First came the black out. Lexington was hoping on Saturday. The Breeders’ Cup Horse racing event was at Keeneland for the first time ever. Triple Crown winner American Pharoah cemented his legacy with a win in the classic race. It was also a great evening for Halloween, with city streets full of young children dressed in their favorite character costumes for the traditional Trick-or-Treat festivities. Then, of course, there was the football game. School officials had asked everyone coming to the game to dress out in black. The fans did not disappoint. The stadium was full of black-clad patrons, mixed with Tennessee fans who were wearing orange. The perfect compliment of colors for Halloween.
Next came lights out. The Wildcats actually made several plays early in the game. First was a 77-yard fumble return for touchdown by senior defensive tackle Cory Johnson. The big fellow picked up the ball after defensive back Marcus McWilson knocked it out of UT quarterback Joshua Dobbs’ hands and rambled untouched down the right side-line to give UK an early 7-0 lead. After falling behind 10-7, the Wildcats drove 75 yards on 14 plays, which was capped by a fourth and one Patrick Towles quarterback bootleg for the touchdown that temporarily gave UK a 14-10 lead. It was very temporary, as Tennessee launched an onslaught of big plays, starting with a 75-yard touchdown pass on their very next play. On UT’s next possession, a 64-yard run by tailback Alvin Kamara set up another touchdown to give the Volunteers a 24-14 lead at the half. The second half was no different. A UT 37-yard pass, a 100-yard kickoff return and a 84-yard punt return all for touchdowns turned the black out into a KO against Kentucky.

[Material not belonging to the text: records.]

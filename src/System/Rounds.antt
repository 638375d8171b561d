-- ===== src/System/Rounds.antt =====
-- What a round of each worker leaves, with its manipulate (worker.go, starter.go, poller.go,
-- stopper.go).
use incite.Base.{
  ℕ, ◌+◌, ◌≡◌, refl, ◌≢◌, ap, ◌⊎◌, inr, Bool, true, false, Option, none, some, List, arith, Text,
}
use incite.Clock.{Time}
use incite.Errors.{Error}
use incite.Chunk.{Chunk, ChunkState, started, complete}
use incite.Stream.{Stream}
use incite.Service.{
  Reply, output, failure, StartQueryOutput, GetQueryResultsOutput, StopQueryOutput,
}
use incite.Regulator.{Regulator, WaitResult}
use incite.Worker.{
  Outcome, finished, Worker, Input, pop, Round, waiting, returned, panicked, goes_on, stops,
  round_of,
}
use incite.Worker.Ring.{held, IsCounted, Keeps, total_out, round_of-weighed}
use incite.Worker.States.{Test, AllIn, OutIn, Manipulates, RoundIn, is_done, round_of-RoundIn}
use incite.Manager.{Streams, put}
use incite.Poller.{Polled, poller_manipulate}
use incite.Starter.{starter_manipulate, start_chunk}
use incite.Poller.Outcomes.{poller_manipulate-IsPolled}
use incite.Working.{
  Moment, Worked, idle, failed, worked, after_round, after_wait, work, taken, starts_chunk,
  stops_chunk,
}
use incite.System.Ends.{not_eof, starter_manipulate-not_eof, poller_manipulate-not_eof}
use incite.System.Served.{by, IsServed}
use incite.System.Kinds.{
  is_starting, is_polling, is_stopping, from_starter, from_poller, from_stopper,
}

abbrev call : (Chunk → Polled) → Chunk → Chunk × Outcome
call manipulate c = ((manipulate c).chunk, (manipulate c).outcome)

module _ (p mine : Test) (w : Worker) (i : Input) where
  -- What a round keeps.
  pub record IsKept (w' : Worker) (i' : Input) (out : Option Chunk) : Type 0 where
    pub balanced : (f : ℕ → ℕ) → held (by f) w' i' + total_out (by f) out ≡ held (by f) w i
    pub counted : IsCounted w'
    pub ring : AllIn p w'.chunks
    pub queue : AllIn p i'.queue
    pub sent : OutIn mine out

  abbrev pub WorkedIn : Worked → Type 0
  WorkedIn idle = Unit {0}
  WorkedIn failed = Unit {0}
  WorkedIn (worked w' i' out streams) = IsKept w' i' out

  after_round-WorkedIn :
      (now : Time) (requested : Bool) (streams : Streams) (r : Round)
      → ((f : ℕ → ℕ) → Keeps (by f) (held (by f) w i) r)
      → RoundIn p mine r
      → WorkedIn (after_round now requested streams r)
  after_round-WorkedIn now requested streams waiting k h = tt
  after_round-WorkedIn now requested streams returned k h = tt
  after_round-WorkedIn now requested streams panicked k h = tt
  after_round-WorkedIn now true streams (goes_on w' i' out) k h = record {
    balanced = λ f. (k f).0;
    counted = (k (λ n. 0)).1;
    ring = h.0;
    queue = h.1;
    sent = h.2;
  }
  after_round-WorkedIn now false streams (goes_on w' i' out) k h = record {
    balanced = λ f. (k f).0;
    counted = (k (λ n. 0)).1;
    ring = h.0;
    queue = h.1;
    sent = h.2;
  }
  after_round-WorkedIn now requested streams (stops w' i') k h = tt

  after_wait-WorkedIn :
      (result : Option (Regulator × WaitResult)) (rest : Regulator × WaitResult → Worked)
      → ((x : Regulator × WaitResult) → WorkedIn (rest x))
      → WorkedIn (after_wait result rest)
  after_wait-WorkedIn none rest h = tt
  after_wait-WorkedIn (some x) rest h = h x

  pub work-WorkedIn :
      (at : Moment) (manipulate : Chunk → Polled) (streams : Streams)
      → ((c : Chunk) → (manipulate c).chunk.stream ≡ c.stream)
      → Manipulates p mine (call manipulate)
      → IsCounted w
      → AllIn p w.chunks
      → AllIn p i.queue
      → WorkedIn (work at manipulate streams w i)
  unfolding work
  work-WorkedIn at manipulate streams same good counted ring queue =
      after_wait-WorkedIn _ _ (λ result.
        after_round-WorkedIn at.answered (taken (pop w i) (λ c. (manipulate c).requested) false)
          (taken (pop w i) (λ c. put c.stream (manipulate c).stream streams) streams)
          (round_of (λ c r. result) (call manipulate) at.answered w i)
          (λ f.
            round_of-weighed (λ c r. result) (call manipulate) at.answered w i (by f)
              (λ c. ap f (same c)) counted)
          (round_of-RoundIn p mine (λ c r. result) (call manipulate) at.answered w i good ring
            queue))

starter-kept :
    (s : Stream) (reply : Reply StartQueryOutput) (c : Chunk)
    → let r = starter_manipulate s reply c in
      (r.chunk.stream ≡ c.stream)
      × ((r.chunk.state ≡ c.state) ⊎ ((r.chunk.state ≡ started) × (r.outcome ≡ finished)))
unfolding starter_manipulate start_chunk
starter-kept s (output none) c = ground arith
starter-kept s (output (some q)) c = ground arith
starter-kept s (failure e) c = ground arith

-- What a worker holds is clear, and so is what it makes of it.
start_clear : (s : ChunkState) (e : Option Error) → is_starting s e ≡ true → not_eof e ≡ true
start_clear s e h = ground (arith, h)

from_start :
    (s s' : ChunkState) (e e' : Option Error) (o : Outcome)
    → is_starting s e ≡ true
    → not_eof e' ≡ true
    → (s' ≡ s) ⊎ ((s' ≡ started) × (o ≡ finished))
    → (from_starter s' e' ≡ true) × ((is_done o ≡ true) ⊎ (is_starting s' e' ≡ true))
from_start s s' e e' o h c k = ground (arith, h, k, c)

from_poll :
    (s s' : ChunkState) (e e' : Option Error) (o : Outcome)
    → is_polling s e ≡ true
    → not_eof e' ≡ true
    → (s' ≡ s) ⊎ (s' ≡ complete)
    → (s ≢ complete → s' ≡ complete → o ≡ finished)
    → (from_poller s' e' ≡ true) × ((is_done o ≡ true) ⊎ (is_polling s' e' ≡ true))
from_poll s s' e e' o h c k l = ground (arith, h, k, l, c)

from_stop : (s : ChunkState) (e : Option Error) → is_stopping s e ≡ true → from_stopper s e ≡ true
from_stop s e h = ground (arith, h)

module _ (at : Moment) (streams : Streams) (ghost : List Chunk) (w : Worker) (i : Input)
    (update : List Chunk) where
  pub starter_work-WorkedIn :
      (reply : Reply StartQueryOutput)
      → IsServed is_starting from_starter ghost w i update
      → WorkedIn is_starting from_starter w i (work at (starts_chunk streams reply) streams w i)
  unfolding starts_chunk
  starter_work-WorkedIn reply h =
      work-WorkedIn is_starting from_starter w i at (starts_chunk streams reply) streams
        (λ c. (starter-kept (streams c.stream) reply c).0)
        (λ c k.
          from_start c.state _ c.err _ _ k
            (starter_manipulate-not_eof (streams c.stream) reply c (start_clear c.state c.err k))
            (starter-kept (streams c.stream) reply c).1)
        h.counted h.ring h.queue

  pub poller_work-WorkedIn :
      (order : List Text → List Text) (failed_text : Text) (reply : Reply GetQueryResultsOutput)
      → IsServed is_polling from_poller ghost w i update
      → WorkedIn is_polling from_poller w i (
          work at (λ c. poller_manipulate order failed_text (streams c.stream) reply c) streams w i)
  poller_work-WorkedIn order failed_text reply h =
      let polled =
        λ (c : Chunk). poller_manipulate-IsPolled order failed_text (streams c.stream) reply c in
      work-WorkedIn is_polling from_poller w i at _ streams (λ c. (polled c).same.stream)
        (λ c k.
          from_poll c.state _ c.err _ _ k
            (poller_manipulate-not_eof order failed_text (streams c.stream) reply c)
            (polled c).state (λ a b. ((polled c).completed a b).0))
        h.counted h.ring h.queue

  pub stopper_work-WorkedIn :
      (reply : Reply StopQueryOutput)
      → IsServed is_stopping from_stopper ghost w i update
      → WorkedIn is_stopping from_stopper w i (work at (stops_chunk streams reply) streams w i)
  unfolding stops_chunk
  stopper_work-WorkedIn reply h =
      work-WorkedIn is_stopping from_stopper w i at (stops_chunk streams reply) streams (λ c. refl)
        (λ c k. (from_stop c.state c.err k, inr k)) h.counted h.ring h.queue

Then, clear out. I have attended a ton of UK football games over the last 40+ years, but I don’t remember a time when the fan base cleared out the stadium faster than they did Saturday night. Of course, that has included several blow out losses for the Wildcats, so that is not the total reason for the mass exodus. It may have been all the other activities on the day. Or it may have been the fact that many folks were going to a late night Halloween party. But mainly, I think it’s due to a loss of hope on a promising season, plus the fact that Kentucky has now lost to Tennessee 30 times in the last 31 years. By the beginning of the fourth quarter, the stadium was empty except for a few die-hard fans and the group of Tennessee fans who had made the two and a half hour trip north for the game. The season it not over, but back-to-back blow out losses have a way of frustrating a fan base. Six wins and the Wildcats can make a bowl game. Seven wins and momentum can be carried over to next season. With a 4-4 record, Kentucky can still obtain their goals, but the clock is ticking and time is running out.